Records drawn from a dataset:
◇ ◇ ◇ ◇ ◇ ◇ ◇

-- ===== src/Errors.antt =====
-- The exceptions that the kernel raises or passes on, and results that may be one. They are those of
-- Python's class Exception: CancelledError and every other BaseException are left out.
-- Messages are left out; what a handler can read (type name, fields) is kept.
use perpetua_core.Prelude.{◌≡◌, refl, ℕ, String, Bool, true, false, List, [], ◌∷◌, ◌⊎◌, inl, inr}
use perpetua_core.Value.{Value}

-- What a gate was asked when it refused: gate.py's `DispatchRequest` or `CommitRequest`, by its
-- boundary's name and its nodes.
pub record Refused : Type 0 where
  pub boundary : String
  pub nodes : List String
  pub reason : Value

mutual
  pub data Exception : Type 0 where
    -- interrupts.py's `Interrupt`: the prompt and the payload
    interrupt : Value → Value → Exception
    -- an exception that user code raises, by its type's name and its identity
    user : String → ℕ → Exception
    type_error : Exception
    value_error : Exception
    key_error : Exception
    attribute_error : Exception
    index_error : Exception
    runtime_error : Exception
    not_implemented_error : Exception
    -- the completed steps and the last node
    max_steps_exceeded : ℕ → String → Exception
    -- the field and the branches
    reducer_conflict : String → List String → Exception
    gate_refused : Refused → Exception
    exception_group : Exceptions → Exception

  pub data Exceptions : Type 0 where
    nil : Exceptions
    cons : Exception → Exceptions → Exceptions

unfoldable pub to_exceptions : List Exception → Exceptions
to_exceptions [] = nil
to_exceptions (e ∷ es) = cons e (to_exceptions es)

-- `type(e).__name__`
unfoldable pub type_name : Exception → String
type_name (interrupt p v) = "Interrupt"
type_name (user t i) = t
type_name type_error = "TypeError"
type_name value_error = "ValueError"
type_name key_error = "KeyError"
type_name attribute_error = "AttributeError"
type_name index_error = "IndexError"
type_name runtime_error = "RuntimeError"
type_name not_implemented_error = "NotImplementedError"
type_name (max_steps_exceeded n l) = "MaxStepsExceeded"
type_name (reducer_conflict f b) = "ReducerConflict"
type_name (gate_refused r) = "GateRefused"
type_name (exception_group es) = "ExceptionGroup"

pub data Result {ℓ} (A : Type ℓ) : Type ℓ where
  ok : A → Result A
  err : Exception → Result A

infixl 5 ◌>>=◌ ◌>>◌
abbrev pub ◌>>=◌ {ℓ κ} : {A : Type ℓ} {B : Type κ} → Result A → (A → Result B) → Result B
ok a >>= f = f a
err e >>= f = err e

abbrev pub ◌>>◌ {ℓ κ} : {A : Type ℓ} {B : Type κ} → Result A → Result B → Result B
m >> k = m >>= λ _. k

abbrev pub guard : Bool → Exception → Result (Unit {0})
guard true e = ok tt
guard false e = err e

-- Inversion of a chain that did not raise.
pub >>=-ok {ℓ κ} :
    {A : Type ℓ} {B : Type κ} {next : A → Result B} {b : B} (r : Result A)
    → (r >>= next) ≡ ok b
    → (a : A) × (next a ≡ ok b) × (r ≡ ok a)
>>=-ok (ok a) returned = (a, returned, refl)
>>=-ok (err e) returned = cc

pub ok-injective {ℓ} : {A : Type ℓ} {a b : A} → ok a ≡ ok b → a ≡ b
ok-injective h = cc

pub guard-ok : (b : Bool) (e : Exception) (u : Unit {0}) → guard b e ≡ ok u → b ≡ true
guard-ok true e u h = refl
guard-ok false e u h = cc

pub Result-cases {ℓ} :
    {A : Type ℓ} (r : Result A) → ((a : A) × (r ≡ ok a)) ⊎ ((e : Exception) × (r ≡ err e))
Result-cases (ok a) = inl (a, refl)
Result-cases (err e) = inr (e, refl)

-- What holds of the value, where there is one; and of the value of a chain, if of that of its last part.
abbrev pub Holds {ℓ κ} : {A : Type ℓ} → (A → Type κ) → Result A → Type (ℓ ⊔ κ)
Holds {A} P r = (a : A) → r ≡ ok a → P a

pub >>=-Holds {ℓ κ μ} :
    {A : Type ℓ} {B : Type κ} {next : A → Result B} (P : B → Type μ) (r : Result A)
    → ((a : A) → r ≡ ok a → Holds P (next a))
    → Holds P (r >>= next)
>>=-Holds P (ok a) h = h a refl
>>=-Holds P (err e) h = λ b returned. cc
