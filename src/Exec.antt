-- ===== src/Exec.antt =====
-- Code with effects that may raise: a state goes in, and comes back beside the result. What was done
-- before an exception stays done.
pub mod Triple
pub mod Returns
pub mod Laws
use perpetua_core.Errors.{Exception, Result, ok, err}

abbrev pub Exec : Type 0 → Type 0 → Type 0
Exec S A = S → Result A × S

module _ {S A : Type 0} where
  abbrev pub pure : A → Exec S A
  pure a s = (ok a, s)

  abbrev pub raise : Exception → Exec S A
  raise e s = (err e, s)

  abbrev pub lift : Result A → Exec S A
  lift r s = (r, s)

  -- `try: m` with every exception caught and handed on as a value.
  abbrev pub captured : Result A × S → Result (Result A) × S
  captured (ok a, s) = (ok (ok a), s)
  captured (err e, s) = (ok (err e), s)

  unfoldable pub attempt : Exec S A → Exec S (Result A)
  attempt m s = captured (m s)

module _ {S A B : Type 0} where
  abbrev pub then_run : (A → Exec S B) → Result A × S → Result B × S
  then_run f (ok a, s) = f a s
  then_run f (err e, s) = (err e, s)

  infixl 5 ◌>>=◌ ◌>>◌
  unfoldable pub ◌>>=◌ : Exec S A → (A → Exec S B) → Exec S B
  ◌>>=◌ m f s = then_run f (m s)

  abbrev pub ◌>>◌ : Exec S A → Exec S B → Exec S B
  m >> k = m >>= λ _. k
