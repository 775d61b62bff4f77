-- ===== src/State.antt =====
-- state.py: the state between nodes. pydantic's `model_copy` is not in this repository, so it is a
-- parameter: a record of what the code calls and of the documented effect of `update`.
use perpetua_core.Prelude.{
  String, ◌≡◌, Option, none, some, Dict, lookup, update, last_write, lookup-update,
}
use perpetua_core.Value.{Value}
use perpetua_core.Errors.{attribute_error, Result, ok, err}

-- `model_copy(update=d, deep=True)` returns a new model with the fields of `d` put in unvalidated,
-- and every other field as it was. Values are immutable here, so a deep copy is the value itself.
pub record StateModel (S : Type 0) : Type 0 where
  pub get_attr : S → String → Option Value
  pub model_copy : S → Dict Value → S
  pub get_attr-model_copy :
      (s : S) (d : Dict Value) (k : String)
      → get_attr (model_copy s d) k ≡ last_write k d (get_attr s k)

module _ {S : Type 0} (model : StateModel S) where
  -- `PerpetuaState.merge`
  unfoldable pub merge : S → Dict Value → S
  merge s delta = model.model_copy s delta

  -- `state.name`
  unfoldable pub attr : S → String → Result Value
  attr s k = elim (model.get_attr s k) [ none ↦ err attribute_error | some v ↦ ok v ]

  -- After a merge a field has the delta's value, and one that the delta lacks is as before.
  pub get_attr-merge :
      (s : S) (d : Dict Value) (k : String)
      → model.get_attr (merge s d) k ≡ last_write k d (model.get_attr s k)
  unfolding merge
  get_attr-merge s d k = model.get_attr-model_copy s d k

-- A state that is nothing but its fields meets what is assumed.
abbrev pub dict_model : StateModel (Dict Value)
dict_model = record {
  get_attr = λ s k. lookup k s;
  model_copy = update;
  get_attr-model_copy = λ s d k. lookup-update k s d;
}
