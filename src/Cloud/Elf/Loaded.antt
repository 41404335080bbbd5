-- ===== src/Cloud/Elf/Loaded.antt =====
-- What of an ELF file is loaded, told from its segments and sections alone, and what
-- `extract_from_elf` collects (components/cloud/src/elf.rs).
use holistic_framework_for_l.Base.{
  ℕ, ◌+◌, ◌-◌, ◌≤◌, ◌<◌, ◌≡◌, refl, sym, ap, ◌∙◌, ◌⊎◌, inl, inr, Bool, true, false, not, Bool-cases,
  ◌&&◌, ◌||◌, Option, none, some, List, [], ◌∷◌, ◌++◌, arith, length, get_elem?, take, drop, All,
  ok, Returns, Returns-bind, Returns-map, ltb, leb, u64_mod, u32_mod, as_u32, if◌then◌else◌,
}
use mathlib.Core.List.{append_assoc, append-nil}
use holistic_framework_for_l.Cloud.Elf.{
  Segment, Section, ElfFile, checked_add, max, has_sections, slice, Extracted, push_data,
  extract_found, search_sections, is_nil, extract_data, extract_segment, then_extract, extract_all,
}

-- What the parser guarantees of a segment whose data it returns, and that its end is an address.
pub record IsWithin (f : ElfFile) (segment : Segment) : Type 0 where
  pub in_file : segment.offset + segment.filesize ≤ length f.elf_file
  pub in_memory : segment.physical_addr + segment.filesize < u32_mod

abbrev pub AnyOf : {A : Type 0} → (A → Type 0) → List A → Type 0
AnyOf Q [] = ⊥
AnyOf Q (x ∷ xs) = Q x ⊎ AnyOf Q xs

-- The section has no range in the file, or one that ends beyond 64 bits.
abbrev pub IsBad : Section → Type 0
IsBad none = Unit
IsBad (some (offset, filesize)) = u64_mod ≤ offset + filesize

-- Whether the section lies within the segment, in the file.
abbrev pub lies_in : Segment → Section → Bool
lies_in segment none = false
lies_in segment (some (offset, filesize)) =
    leb segment.offset offset && leb (offset + filesize) (segment.offset + segment.filesize)

abbrev pub any_lies_in : Segment → List Section → Bool
any_lies_in segment [] = false
any_lies_in segment (s ∷ ss) = lies_in segment s || any_lies_in segment ss

abbrev pub has_data : Segment → Bool
has_data segment = elim segment.segment_data [ none ↦ false | some bytes ↦ not (is_nil bytes) ]

-- Whether the segment is loaded: it has data, is of the type `PT_LOAD` and contains a section.
abbrev pub is_loaded : ElfFile → Segment → Bool
is_loaded f segment = has_data segment && segment.is_load && any_lies_in segment f.sections

-- The byte at an address: of the last loaded segment that covers it, at the same distance from the
-- segment's start in the file, or else `old`.
abbrev pub byte_at : ElfFile → List Segment → ℕ → Option ℕ → Option ℕ
byte_at f [] addr old = old
byte_at f (s ∷ ss) addr old = byte_at f ss addr (
    if is_loaded f s && (leb s.physical_addr addr && ltb addr (s.physical_addr + s.filesize))
    then get_elem? f.elf_file (s.offset + (addr - s.physical_addr))
    else old)

-- The end of all that is loaded, from an address on.
abbrev pub end_of : ElfFile → List Segment → ℕ → ℕ
end_of f [] end = end
end_of f (s ∷ ss) end =
    end_of f ss (if is_loaded f s then max (s.physical_addr + s.filesize) end else end)

abbrev pub any_starts_below : ElfFile → ℕ → List Segment → Bool
any_starts_below f start [] = false
any_starts_below f start (s ∷ ss) =
    (is_loaded f s && ltb s.physical_addr start) || any_starts_below f start ss

-- Why a segment makes the extraction fail.
abbrev pub IsFaulty : ElfFile → Segment → Type 0
IsFaulty f segment =
    (segment.segment_data ≡ none)
    ⊎ ((u64_mod ≤ segment.offset + segment.filesize) ⊎ AnyOf IsBad f.sections)

-- The loaded segments with their addresses.
abbrev pub loaded : ElfFile → List Segment → List (ℕ × List ℕ)
loaded f [] = []
loaded f (s ∷ ss) =
    if is_loaded f s
    then (s.physical_addr, take s.filesize (drop s.offset f.elf_file)) ∷ loaded f ss
    else loaded f ss

abbrev IsSearched : Segment → List Section → Option Bool → Type 0
IsSearched segment sections none = AnyOf IsBad sections
IsSearched segment sections (some b) = b ≡ any_lies_in segment sections

has_sections-IsSearched :
    (segment : Segment) (sections : List Section)
    → IsSearched segment sections
        (has_sections segment.offset (segment.offset + segment.filesize) sections)
unfolding has_sections
has_sections-IsSearched segment [] = refl
has_sections-IsSearched segment (none ∷ ss) = inl tt
has_sections-IsSearched segment (some (offset, filesize) ∷ ss) =
    elim (Bool-cases (ltb (offset + filesize) u64_mod)) [
      | inr large ↦ rw large (inl (ground arith))
      | inl small ↦ elim (Bool-cases (lies_in segment (some (offset, filesize)))) [
        | inl within ↦ rw (small, within) (rw within refl)
        | inr outside ↦
            rw (small, outside)
              (later outside (has_sections segment.offset (segment.offset + segment.filesize) ss)
                (has_sections-IsSearched segment ss))
      ]
    ]
  where
    later :
        lies_in segment (some (offset, filesize)) ≡ false
        → (o : Option Bool) → IsSearched segment ss o
        → IsSearched segment (some (offset, filesize) ∷ ss) o
    later outside none h = inr h
    later outside (some b) h = rw outside h

-- What collecting the segments comes to: a fault, or the loaded segments and their end.
abbrev pub IsCollected : ElfFile → List Segment → Extracted → Option Extracted → Type 0
IsCollected f segments x none = AnyOf (IsFaulty f) segments
IsCollected f segments x (some y) = y ≡ (x.0 ++ loaded f segments, end_of f segments x.1)

and_third : (a b c : Bool) → a && b ≡ true → a && b && c ≡ c
and_third true true c h = refl
and_third true false c h = cc
and_third false b c h = cc

and_fails : (a b c : Bool) → a && b ≡ false → a && b && c ≡ false
and_fails true true c h = cc
and_fails true false c h = refl
and_fails false b c h = refl

slice-within :
    (bytes : List ℕ) (start len : ℕ)
    → start + len ≤ length bytes
    → slice bytes start len ≡ ok (take len (drop start bytes))
slice-within bytes start len h =
    let a : leb start (length bytes) ≡ true = ground arith in
    let b : leb len (length bytes - start) ≡ true = ground arith in rw (a, b) refl

-- One segment is collected if it is loaded.
extract_segment-IsCollected :
    (f : ElfFile) (segment : Segment) (x : Extracted)
    → IsWithin f segment
    → Returns (IsCollected f (segment ∷ []) x) (extract_segment f segment x)
unfolding extract_segment
extract_segment-IsCollected f segment x w = of_data segment.segment_data refl
  where
    skipped : is_loaded f segment ≡ false → IsCollected f (segment ∷ []) x (some x)
    skipped h = rw h (ap (λ l. (l, x.1)) (sym (append-nil x.0)))

    pushed :
        is_loaded f segment ≡ true
        → IsCollected f (segment ∷ []) x (
            push_data segment x
              (take segment.filesize (drop segment.offset f.elf_file))
              (checked_add segment.physical_addr segment.filesize))
    pushed h =
        let small = w.in_memory in
        let exact : ltb (segment.physical_addr + segment.filesize) u64_mod ≡ true = ground arith in
        let start : as_u32 segment.physical_addr ≡ segment.physical_addr = ground arith in
        let end : as_u32 (segment.physical_addr + segment.filesize)
            ≡ segment.physical_addr + segment.filesize =
          ground arith in
        rw (exact, h, start, end) refl

    of_found :
        (o : Option Bool)
        → has_data segment && segment.is_load ≡ true
        → IsSearched segment f.sections o
        → Returns (IsCollected f (segment ∷ []) x) (extract_found f.elf_file segment x o)
    of_found none d h = inl (inr (inr h))
    of_found (some false) d h =
        skipped
          (and_third (has_data segment) segment.is_load (any_lies_in segment f.sections) d ∙ sym h)
    of_found (some true) d h =
        rw (slice-within f.elf_file segment.offset segment.filesize w.in_file) (
          pushed (
            and_third (has_data segment) segment.is_load (any_lies_in segment f.sections) d
            ∙ sym h))

    of_end :
        has_data segment && segment.is_load ≡ true
        → Returns
            (IsCollected f (segment ∷ []) x)
            (search_sections f segment x (checked_add segment.offset segment.filesize))
    of_end d = elim (Bool-cases (ltb (segment.offset + segment.filesize) u64_mod)) [
      | inr large ↦ rw large (inl (inr (inl (ground arith))))
      | inl small ↦ rw small (
          of_found (has_sections segment.offset (segment.offset + segment.filesize) f.sections) d
            (has_sections-IsSearched segment f.sections))
    ]

    with_data :
        {bytes : List ℕ}
        → segment.segment_data ≡ some bytes
        → has_data segment && segment.is_load ≡ not (is_nil bytes) && segment.is_load
    with_data e = rw e refl

    of_data :
        (o : Option (List ℕ))
        → segment.segment_data ≡ o
        → Returns (IsCollected f (segment ∷ []) x) (extract_data f segment x o)
    of_data none e = inl (inl e)
    of_data (some bytes) e = elim (Bool-cases (not (is_nil bytes) && segment.is_load)) [
      | inl load ↦ rw load (of_end (with_data e ∙ load))
      | inr skip ↦ rw skip (
          skipped (
            and_fails (has_data segment) segment.is_load (any_lies_in segment f.sections)
              (with_data e ∙ skip)))
    ]

-- A fault of one segment, or what is collected before and after.
IsCollected-cons :
    (f : ElfFile) (segment : Segment) (segments : List Segment) (x y : Extracted)
    (o : Option Extracted)
    → IsCollected f (segment ∷ []) x (some y)
    → IsCollected f segments y o
    → IsCollected f (segment ∷ segments) x o
IsCollected-cons f segment segments x y none h k = inr k
IsCollected-cons f segment segments x y (some z) h k = elim (Bool-cases (is_loaded f segment)) [
  | inl load ↦
      k
      ∙ rw load (
          ap (λ (w : Extracted). (w.0 ++ loaded f segments, end_of f segments w.1)) (rw load at h)
          ∙ ap (λ l. (l, end_of f segments (max (segment.physical_addr + segment.filesize) x.1)))
              (append_assoc x.0
                ((segment.physical_addr, take segment.filesize (drop segment.offset f.elf_file))
                  ∷ [])
                (loaded f segments)))
  | inr skip ↦
      k
      ∙ rw skip (
          ap (λ (w : Extracted). (w.0 ++ loaded f segments, end_of f segments w.1)) (rw skip at h)
          ∙ ap (λ l. (l ++ loaded f segments, end_of f segments x.1)) (append-nil x.0))
]

-- The extraction collects the loaded segments, or meets a fault.
pub extract_all-IsCollected :
    (f : ElfFile) (segments : List Segment) (x : Extracted)
    → All (IsWithin f) segments
    → Returns (IsCollected f segments x) (extract_all f segments x)
unfolding extract_all
extract_all-IsCollected f [] x w = ap (λ l. (l, x.1)) (sym (append-nil x.0))
extract_all-IsCollected f (segment ∷ segments) x w =
    Returns-bind (IsCollected f (segment ∷ []) x) (IsCollected f (segment ∷ segments) x)
      (extract_segment f segment x) _ (extract_segment-IsCollected f segment x w.0)
      (λ o h. after o h (λ y. extract_all-IsCollected f segments y w.1))
  where
    after :
        (o : Option Extracted)
        → IsCollected f (segment ∷ []) x o
        → ((y : Extracted) → Returns (IsCollected f segments y) (extract_all f segments y))
        → Returns (IsCollected f (segment ∷ segments) x) (then_extract (extract_all f segments) o)
    after none (inl h) others = inl h
    after none (inr h) others = absurd h
    after (some y) h others =
        Returns-map (IsCollected f segments y) (IsCollected f (segment ∷ segments) x)
          (extract_all f segments y) (λ o k. IsCollected-cons f segment segments x y o h k)
          (others y)
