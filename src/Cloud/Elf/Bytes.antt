-- ===== src/Cloud/Elf/Bytes.antt =====
-- The bytes of what is extracted from an ELF file, and those of the file (components/cloud/src/elf.rs).
use holistic_framework_for_l.Base.{
  ℕ, zero, suc, ◌+◌, ◌-◌, ◌≤◌, ◌<◌, ◌≡◌, refl, ap, ◌∙◌, inl, inr, Bool, true, false, not,
  Bool-cases, ◌&&◌, ◌||◌, if◌then◌else◌, Option, none, some, List, [], ◌∷◌, arith, length,
  length-drop, get_elem?, take, drop, All, All-map, All-append, Returns, Returns-bind, ltb, leb,
  u64_mod, u32_mod, as_u32,
}
use holistic_framework_for_l.Cloud.Elf.Filled.{byte_of, covered, any_below, EndsBy}
use holistic_framework_for_l.Cloud.Elf.Loaded.{
  IsWithin, byte_at, any_starts_below, is_loaded, loaded,
}
use holistic_framework_for_l.Cloud.Elf.{
  Segment, ElfFile, checked_add, max, has_sections, slice, Extracted, push_data, extract_found,
  search_sections, is_nil, extract_data, extract_segment, then_extract, extract_all,
}

abbrev pub AllEnd : Option Extracted → Type 0
AllEnd none = Unit
AllEnd (some (xs, end)) = All (EndsBy end) xs

length-take : (n : ℕ) (xs : List ℕ) → n ≤ length xs → length (take n xs) ≡ n
length-take zero xs h = refl
length-take (suc n) [] h = absurd (omega arith)
length-take (suc n) (x ∷ xs) h = omega (arith, length-take n xs (omega arith))

slice-length :
    (bytes : List ℕ) (start len : ℕ)
    → start + len ≤ length bytes
    → Returns (λ r. length r ≡ len) (slice bytes start len)
slice-length bytes start len h =
    let a : leb start (length bytes) ≡ true = ground arith in
    let b : leb len (length bytes - start) ≡ true = ground arith in
    rw (a, b) (length-take len (drop start bytes) (omega (arith, length-drop start bytes)))

push_data-AllEnd :
    (segment : Segment) (xs : List (ℕ × List ℕ)) (end : ℕ) (bytes : List ℕ)
    → segment.physical_addr + segment.filesize < u32_mod
    → length bytes ≡ segment.filesize
    → All (EndsBy end) xs
    → AllEnd
        (push_data segment (xs, end) bytes (checked_add segment.physical_addr segment.filesize))
push_data-AllEnd segment xs end bytes h e k =
    let exact : ltb (segment.physical_addr + segment.filesize) u64_mod ≡ true = ground arith in
    rw exact (
      All-append (EndsBy new_end) xs ((as_u32 segment.physical_addr, bytes) ∷ [])
        (All-map (EndsBy end) (EndsBy new_end) (λ x l. ground arith) xs k) (ground (arith, e), tt))
  where
    new_end : ℕ
    new_end = max (as_u32 (segment.physical_addr + segment.filesize)) end

-- One segment, and then all of them, extend what has been extracted, up to its end.
extract_segment-AllEnd :
    (f : ElfFile) (segment : Segment) (x : Extracted)
    → IsWithin f segment
    → AllEnd (some x)
    → Returns AllEnd (extract_segment f segment x)
unfolding extract_segment
extract_segment-AllEnd f segment (xs, end) w k = of_data segment.segment_data
  where
    of_found : (o : Option Bool) → Returns AllEnd (extract_found f.elf_file segment (xs, end) o)
    of_found none = tt
    of_found (some false) = k
    of_found (some true) =
        Returns-bind (λ r. length r ≡ segment.filesize) AllEnd
          (slice f.elf_file segment.offset segment.filesize) _
          (slice-length f.elf_file segment.offset segment.filesize w.in_file)
          (λ bytes e. push_data-AllEnd segment xs end bytes w.in_memory e k)

    of_end : (o : Option ℕ) → Returns AllEnd (search_sections f segment (xs, end) o)
    of_end none = tt
    of_end (some e) = of_found (has_sections segment.offset e f.sections)

    of_data : (o : Option (List ℕ)) → Returns AllEnd (extract_data f segment (xs, end) o)
    of_data none = tt
    of_data (some bytes) = elim (Bool-cases (not (is_nil bytes) && segment.is_load)) [
      | inl loaded ↦ rw loaded (of_end (checked_add segment.offset segment.filesize))
      | inr skipped ↦ rw skipped k
    ]

pub extract_all-AllEnd :
    (f : ElfFile) (segments : List Segment) (x : Extracted)
    → All (IsWithin f) segments
    → AllEnd (some x)
    → Returns AllEnd (extract_all f segments x)
unfolding extract_all
extract_all-AllEnd f [] x w k = k
extract_all-AllEnd f (segment ∷ segments) x w k =
    Returns-bind AllEnd AllEnd (extract_segment f segment x) _
      (extract_segment-AllEnd f segment x w.0 k)
      (λ o h. after o h (λ y. extract_all-AllEnd f segments y w.1))
  where
    after :
        (o : Option Extracted)
        → AllEnd o
        → ((y : Extracted) → AllEnd (some y) → Returns AllEnd (extract_all f segments y))
        → Returns AllEnd (then_extract (extract_all f segments) o)
    after none h others = tt
    after (some y) h others = others y h

-- The bytes of a loaded segment, as the image and as the file have them.
get_elem?-take : (n : ℕ) (xs : List ℕ) (i : ℕ) → i < n → get_elem? (take n xs) i ≡ get_elem? xs i
get_elem?-take zero xs i h = absurd (omega arith)
get_elem?-take (suc n) [] i h = refl
get_elem?-take (suc n) (x ∷ xs) zero h = refl
get_elem?-take (suc n) (x ∷ xs) (suc i) h = get_elem?-take n xs i (omega arith)

get_elem?-drop : (n : ℕ) (xs : List ℕ) (i : ℕ) → get_elem? (drop n xs) i ≡ get_elem? xs (n + i)
get_elem?-drop zero xs i = ap (get_elem? xs) (omega arith)
get_elem?-drop (suc n) [] i = refl
get_elem?-drop (suc n) (x ∷ xs) i =
    let here : suc (n + i) ≡ suc n + i = omega arith in
    get_elem?-drop n xs i ∙ ap (get_elem? (x ∷ xs)) here

covered-byte_at :
    (f : ElfFile) (s : Segment) (start i : ℕ) (old : Option ℕ)
    → IsWithin f s
    → start ≤ s.physical_addr
    → covered (s.physical_addr - start) (take s.filesize (drop s.offset f.elf_file)) i old ≡ (
        if leb s.physical_addr (start + i) && ltb (start + i) (s.physical_addr + s.filesize)
        then get_elem? f.elf_file (s.offset + ((start + i) - s.physical_addr))
        else old)
covered-byte_at f s start i old w above =
    let in_file = w.in_file in
    let size : length (take s.filesize (drop s.offset f.elf_file)) ≡ s.filesize =
      length-take s.filesize (drop s.offset f.elf_file)
        (omega (arith, length-drop s.offset f.elf_file)) in
    let low : leb (s.physical_addr - start) i ≡ leb s.physical_addr (start + i) = ground arith in
    let high : ltb i (s.physical_addr - start + s.filesize)
        ≡ ltb (start + i) (s.physical_addr + s.filesize) =
      ground arith in
    rw (size, low, high)
      (elim (Bool-cases
        (leb s.physical_addr (start + i) && ltb (start + i) (s.physical_addr + s.filesize))) [
          | inr outside ↦ rw outside refl
          | inl inside ↦
              let below : i - (s.physical_addr - start) < s.filesize = ground (arith, inside) in
              let place : s.offset + (i - (s.physical_addr - start))
                  ≡ s.offset + (start + i - s.physical_addr) =
                ground (arith, inside) in
              rw inside (
                get_elem?-take s.filesize (drop s.offset f.elf_file) (i - (s.physical_addr - start))
                  below
                ∙ get_elem?-drop s.offset f.elf_file (i - (s.physical_addr - start))
                ∙ ap (get_elem? f.elf_file) place)
        ])

pub any_below-loaded :
    (f : ElfFile) (start : ℕ) (segments : List Segment)
    → any_below start (loaded f segments) ≡ any_starts_below f start segments
any_below-loaded f start [] = refl
any_below-loaded f start (s ∷ ss) = elim (Bool-cases (is_loaded f s)) [
  | inl load ↦ rw load (ap (λ b. ltb s.physical_addr start || b) (any_below-loaded f start ss))
  | inr skip ↦ rw skip (any_below-loaded f start ss)
]

or_neither : (a b : Bool) → a || b ≡ false → (a ≡ false) × (b ≡ false)
or_neither true b h = cc
or_neither false b h = (refl, h)

pub byte_of-loaded :
    (f : ElfFile) (start : ℕ) (segments : List Segment) (i : ℕ) (old : Option ℕ)
    → All (IsWithin f) segments
    → any_starts_below f start segments ≡ false
    → byte_of start (loaded f segments) i old ≡ byte_at f segments (start + i) old
byte_of-loaded f start [] i old w h = refl
byte_of-loaded f start (s ∷ ss) i old w h = elim (Bool-cases (is_loaded f s)) [
  | inl load ↦
      let (above, later) =
        or_neither (ltb s.physical_addr start) (any_starts_below f start ss) (rw load at h) in
      rw load (
        byte_of-loaded f start ss i _ w.1 later
        ∙ ap (byte_at f ss (start + i))
            (covered-byte_at f s start i old w.0 (ground (arith, above))))
  | inr skip ↦ rw skip (byte_of-loaded f start ss i old w.1 (rw skip at h))
]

◇ ◇ ◇ ◇ ◇ ◇ ◇

Problem details -
Beginning at the line with "get_elem?-drop n xs" and ending at the line with "- start) (take", reproduce each line of the data above exactly, and add no other lines.

Task response -
    get_elem?-drop n xs i ∙ ap (get_elem? (x ∷ xs)) here

covered-byte_at :
    (f : ElfFile) (s : Segment) (start i : ℕ) (old : Option ℕ)
    → IsWithin f s
    → start ≤ s.physical_addr
    → covered (s.physical_addr - start) (take s.filesize (drop s.offset f.elf_file)) i old ≡ (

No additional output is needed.